Reproduce only the top of the records, down to and including the line containing "(bytes before run".
[Opening DATA FOR THIS EXERCISE section]
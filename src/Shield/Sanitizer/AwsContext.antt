-- ===== src/Shield/Sanitizer/AwsContext.antt =====
-- sanitizer.rs: what `has_aws_secret_key` takes for a secret access key.
use project_black_monolith.Prelude.{
  ℕ, ◌+◌, ◌-◌, ◌≡◌, ◌⊎◌, inl, inr, Bool, true, ◌&&◌, List, [], ◌∷◌, ◌++◌, arith, length, min,
  Bool-cases, &&_iff,
}
use project_black_monolith.Text.{
  Text, any, all, as_bytes, lower, is_ascii_uppercase, is_ascii_lowercase, is_ascii_digit,
}
use project_black_monolith.Text.Search.{All, Any, any_iff, drop-append}
use project_black_monolith.Shield.Sanitizer.Detection.{take-run}
use project_black_monolith.Shield.Sanitizer.AwsSecrets.{
  aws_secret_context_window, is_aws_secret_alphabet, names_marker, names_aws_secret_key,
  has_aws_secret_shape, aws_secret_runs, slice, marked_nearby, shaped, has_aws_secret_key,
}
use project_black_monolith.Shield.Sanitizer.AwsRuns.{
  IsRun, EndsOutside, StartsOutside, aws_secret_runs-All-IsRun,
}

Any-All : {A : Type 0} (P Q : A → Type 0) (xs : List A) → All P xs → Any Q xs → (x : A) × P x × Q x
Any-All P Q [] all any = absurd any
Any-All P Q (x ∷ xs) all (inl q) = (x, all.0, q)
Any-All P Q (x ∷ xs) all (inr later) = Any-All P Q xs (all.1) later

-- The run has an upper-case letter, a lower-case letter and a digit.
abbrev IsMixed : List ℕ → Type 0
IsMixed run =
    (any is_ascii_uppercase run ≡ true)
    × (any is_ascii_lowercase run ≡ true)
    × (any is_ascii_digit run ≡ true)

-- What makes a value an AWS secret
abbrev pub IsAwsSecret : List ℕ → Text → Type 0
IsAwsSecret bytes label =
    (before run after : List ℕ) × (bytes ≡ before ++ (run ++ after))
    × (length run ≡ 40)
    × All (λ c. is_aws_secret_alphabet c ≡ true) run
    × EndsOutside before
    × StartsOutside after
    × IsMixed run
    × ((names_aws_secret_key label ≡ true)
        ⊎ (names_marker (
              slice (lower bytes) (length before - aws_secret_context_window)
                (min (length before + 40 + aws_secret_context_window) (length (lower bytes))))
            ≡ true))

slice-run :
    (bytes before run after : List ℕ) (start end : ℕ)
    → bytes ≡ before ++ (run ++ after)
    → length before ≡ start
    → end ≡ start + 40
    → length run ≡ 40
    → slice bytes start end ≡ run
unfolding slice
slice-run bytes before run after start end e size last long =
    rw (e, ← size, drop-append before (run ++ after))
      (take-run run after (end - length before) (omega arith))

has_aws_secret_shape-IsMixed : (run : List ℕ) → has_aws_secret_shape run ≡ true → IsMixed run
unfolding has_aws_secret_shape
has_aws_secret_shape-IsMixed run h = (ground arith, ground arith, ground arith)

-- A run with the shape, and what names it
run-IsAwsSecret :
    (bytes : List ℕ) (label : Text) (run : ℕ × ℕ)
    → IsRun bytes run
    → shaped bytes run ≡ true
    → (names_aws_secret_key label ≡ true) ⊎ (marked_nearby (lower bytes) run ≡ true)
    → IsAwsSecret bytes label
unfolding shaped marked_nearby
run-IsAwsSecret bytes label (start, end) is_run shape named =
    let (before, run, after, e, size, last, long, passing, outside, starts) = is_run in
    let same = slice-run bytes before run after start end e size last long in
    let whole : length before + 40 ≡ end = omega (arith, last, size) in
    (
      before,
      run,
      after,
      e,
      long,
      passing,
      outside,
      starts,
      has_aws_secret_shape-IsMixed run (rw (← same) shape),
      elim named [ inl label_names ↦ inl label_names | inr nearby ↦ inr (rw (whole, size) nearby) ],
    )

-- An AWS secret is found only where a maximal run of exactly 40 characters of the base64 alphabet,
-- with upper case, lower case and a digit, is named by its label or by a marker within 64 bytes.
pub has_aws_secret_key-IsAwsSecret :
    (text label : Text) → has_aws_secret_key text label ≡ true → IsAwsSecret (as_bytes text) label
unfolding has_aws_secret_key
has_aws_secret_key-IsAwsSecret text label h =
    let bytes = as_bytes text in
    let runs = aws_secret_runs text in
    let are_runs = aws_secret_runs-All-IsRun text in
    elim (Bool-cases (names_aws_secret_key label)) [
      | inl names ↦
          let found : any (shaped bytes) runs ≡ true = ground arith in
          let (run, is_run, shape) =
            Any-All (IsRun bytes) (λ r. shaped bytes r ≡ true) runs are_runs
              ((any_iff (shaped bytes) runs).0 found) in
          run-IsAwsSecret bytes label run is_run shape (inl names)
      | inr unnamed ↦
          let both : ℕ × ℕ → Bool = λ r. shaped bytes r && marked_nearby (lower bytes) r in
          let found : any both runs ≡ true = ground arith in
          let (run, is_run, pass) =
            Any-All (IsRun bytes) (λ r. both r ≡ true) runs are_runs
              ((any_iff both runs).0 found) in
          let parts = (&&_iff (shaped bytes run) (marked_nearby (lower bytes) run)).0 pass in
          run-IsAwsSecret bytes label run is_run (parts.0) (inr (parts.1))
    ]
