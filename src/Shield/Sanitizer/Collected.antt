-- ===== src/Shield/Sanitizer/Collected.antt =====
-- sanitizer.rs: the findings in the strings of a call's arguments.
use project_black_monolith.Prelude.{◌≡◌, refl, ◌↔◌, ◌⊎◌, inl, inr, List, [], ◌++◌}
use project_black_monolith.Text.{Text, codes}
use project_black_monolith.Text.Search.{Any, Any-append}
use project_black_monolith.Json.{
  Json, null, bool, number, string, array, object, Items, nil, cons, Members, end, member,
}
use project_black_monolith.Shield.Sanitizer.Scan.{Finding, scan_description}
use project_black_monolith.Shield.Sanitizer.Arguments.{
  scan_credentials, collect_argument_findings, collect_items, collect_members, scan_tool_arguments,
}

-- `s` is a string of the value, and `at` is the path of the keys that lead to it, after `path`.
abbrev mutual
  pub StringAt : Json → Text → Text → Text → Type 0
  StringAt (string t) path s at = (t ≡ s) × (path ≡ at)
  StringAt (array values) path s at = StringIn values path s at
  StringAt (object map) path s at = StringUnder map path s at
  StringAt null path s at = ⊥
  StringAt (bool b) path s at = ⊥
  StringAt (number n) path s at = ⊥

  StringIn : Items → Text → Text → Text → Type 0
  StringIn nil path s at = ⊥
  StringIn (cons value values) path s at = StringAt value path s at ⊎ StringIn values path s at

  StringUnder : Members → Text → Text → Text → Type 0
  StringUnder end path s at = ⊥
  StringUnder (member key value map) path s at =
      StringAt value (path ++ codes "." ++ key) s at ⊎ StringUnder map path s at

-- A finding that the list has
abbrev pub Reports : List Finding → Finding → Type 0
Reports findings f = Any (λ g. f ≡ g) findings

-- What is found in one of the strings
abbrev pub FoundIn : (Text → Text) → Finding → Text → Text → Type 0
FoundIn lowercase f s at =
    Reports (scan_description lowercase s) f ⊎ Reports (scan_credentials s at) f

module _ (f : Finding) (Found : Text → Text → Type 0) where
  -- What two lists report, of two groups of strings
  joined_iff :
      (P Q : Text → Text → Type 0) (xs ys : List Finding)
      → (Reports xs f ↔ ((s at : Text) × P s at × Found s at))
      → (Reports ys f ↔ ((s at : Text) × Q s at × Found s at))
      → Reports (xs ++ ys) f ↔ ((s at : Text) × (P s at ⊎ Q s at) × Found s at)
  joined_iff P Q xs ys left right = (
    λ h. elim ((Any-append (λ g. f ≡ g) xs ys).0 h) [
      | inl here ↦ let (s, at, p, found) = left.0 here in (s, at, inl p, found)
      | inr there ↦ let (s, at, q, found) = right.0 there in (s, at, inr q, found)
    ],
    λ h.
        let (s, at, which, found) = h in
        elim which [
          | inl p ↦ (Any-append (λ g. f ≡ g) xs ys).1 (inl (left.1 (s, at, p, found)))
          | inr q ↦ (Any-append (λ g. f ≡ g) xs ys).1 (inr (right.1 (s, at, q, found)))
        ],
  )

module _ (lowercase : Text → Text) (f : Finding) where
  mutual
    unfolding collect_argument_findings

    pub collected_iff :
        (value : Json) (path : Text)
        → Reports (collect_argument_findings lowercase value path) f
          ↔ ((s at : Text) × StringAt value path s at × FoundIn lowercase f s at)
    collected_iff (string t) path =
        let both =
          Any-append (λ g. f ≡ g) (scan_description lowercase t) (scan_credentials t path) in
        (
          λ h. (t, path, (refl, refl), both.0 h),
          λ h. let (s, at, same, found) = h in both.1 (rw (same.0, same.1) found),
        )
    collected_iff (array values) path = collected-items_iff values path
    collected_iff (object map) path = collected-members_iff map path
    collected_iff null path = (λ h. absurd h, λ h. absurd (h.2))
    collected_iff (bool b) path = (λ h. absurd h, λ h. absurd (h.2))
    collected_iff (number n) path = (λ h. absurd h, λ h. absurd (h.2))

    collected-items_iff :
        (values : Items) (path : Text)
        → Reports (collect_items lowercase values path) f
          ↔ ((s at : Text) × StringIn values path s at × FoundIn lowercase f s at)
    collected-items_iff nil path = (λ h. absurd h, λ h. absurd (h.2))
    collected-items_iff (cons value values) path =
        joined_iff f (FoundIn lowercase f) (StringAt value path) (StringIn values path)
          (collect_argument_findings lowercase value path) (collect_items lowercase values path)
          (collected_iff value path) (collected-items_iff values path)

    collected-members_iff :
        (map : Members) (path : Text)
        → Reports (collect_members lowercase map path) f
          ↔ ((s at : Text) × StringUnder map path s at × FoundIn lowercase f s at)
    collected-members_iff end path = (λ h. absurd h, λ h. absurd (h.2))
    collected-members_iff (member key value map) path =
        joined_iff f (FoundIn lowercase f) (StringAt value (path ++ codes "." ++ key))
          (StringUnder map path)
          (collect_argument_findings lowercase value (path ++ codes "." ++ key))
          (collect_members lowercase map path) (collected_iff value (path ++ codes "." ++ key))
          (collected-members_iff map path)

-- The scan of a call's arguments reports exactly the findings in the descriptions and credentials
-- of their strings, each string with the path of the keys that lead to it.
pub scan_tool_arguments_iff :
    (lowercase : Text → Text) (args : Json) (f : Finding)
    → Reports ((scan_tool_arguments lowercase args).findings) f
      ↔ ((s at : Text) × StringAt args [] s at × FoundIn lowercase f s at)
unfolding scan_tool_arguments
scan_tool_arguments_iff lowercase args f = collected_iff lowercase f args []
[Closing DATA FOR THIS EXERCISE section]
• **ANSWER TO THE EXERCISE**
filename src/Shield/Sanitizer/AwsContext.antt
-- ===== src/Shield/Sanitizer/AwsContext.antt =====
-- sanitizer.rs: what `has_aws_secret_key` takes for a secret access key.
use project_black_monolith.Prelude.{
  ℕ, ◌+◌, ◌-◌, ◌≡◌, ◌⊎◌, inl, inr, Bool, true, ◌&&◌, List, [], ◌∷◌, ◌++◌, arith, length, min,
  Bool-cases, &&_iff,
}
use project_black_monolith.Text.{
  Text, any, all, as_bytes, lower, is_ascii_uppercase, is_ascii_lowercase, is_ascii_digit,
}
use project_black_monolith.Text.Search.{All, Any, any_iff, drop-append}
use project_black_monolith.Shield.Sanitizer.Detection.{take-run}
use project_black_monolith.Shield.Sanitizer.AwsSecrets.{
  aws_secret_context_window, is_aws_secret_alphabet, names_marker, names_aws_secret_key,
  has_aws_secret_shape, aws_secret_runs, slice, marked_nearby, shaped, has_aws_secret_key,
}
use project_black_monolith.Shield.Sanitizer.AwsRuns.{
  IsRun, EndsOutside, StartsOutside, aws_secret_runs-All-IsRun,
}

Any-All : {A : Type 0} (P Q : A → Type 0) (xs : List A) → All P xs → Any Q xs → (x : A) × P x × Q x
Any-All P Q [] all any = absurd any
Any-All P Q (x ∷ xs) all (inl q) = (x, all.0, q)
Any-All P Q (x ∷ xs) all (inr later) = Any-All P Q xs (all.1) later

-- The run has an upper-case letter, a lower-case letter and a digit.
abbrev IsMixed : List ℕ → Type 0
IsMixed run =
    (any is_ascii_uppercase run ≡ true)
    × (any is_ascii_lowercase run ≡ true)
    × (any is_ascii_digit run ≡ true)

-- What makes a value an AWS secret
abbrev pub IsAwsSecret : List ℕ → Text → Type 0
IsAwsSecret bytes label =
    (before run after : List ℕ) × (bytes ≡ before ++ (run ++ after))
    × (length run ≡ 40)
    × All (λ c. is_aws_secret_alphabet c ≡ true) run
    × EndsOutside before
    × StartsOutside after
    × IsMixed run
    × ((names_aws_secret_key label ≡ true)
        ⊎ (names_marker (
              slice (lower bytes) (length before - aws_secret_context_window)
                (min (length before + 40 + aws_secret_context_window) (length (lower bytes))))
            ≡ true))

slice-run :
    (bytes before run after : List ℕ) (start end : ℕ)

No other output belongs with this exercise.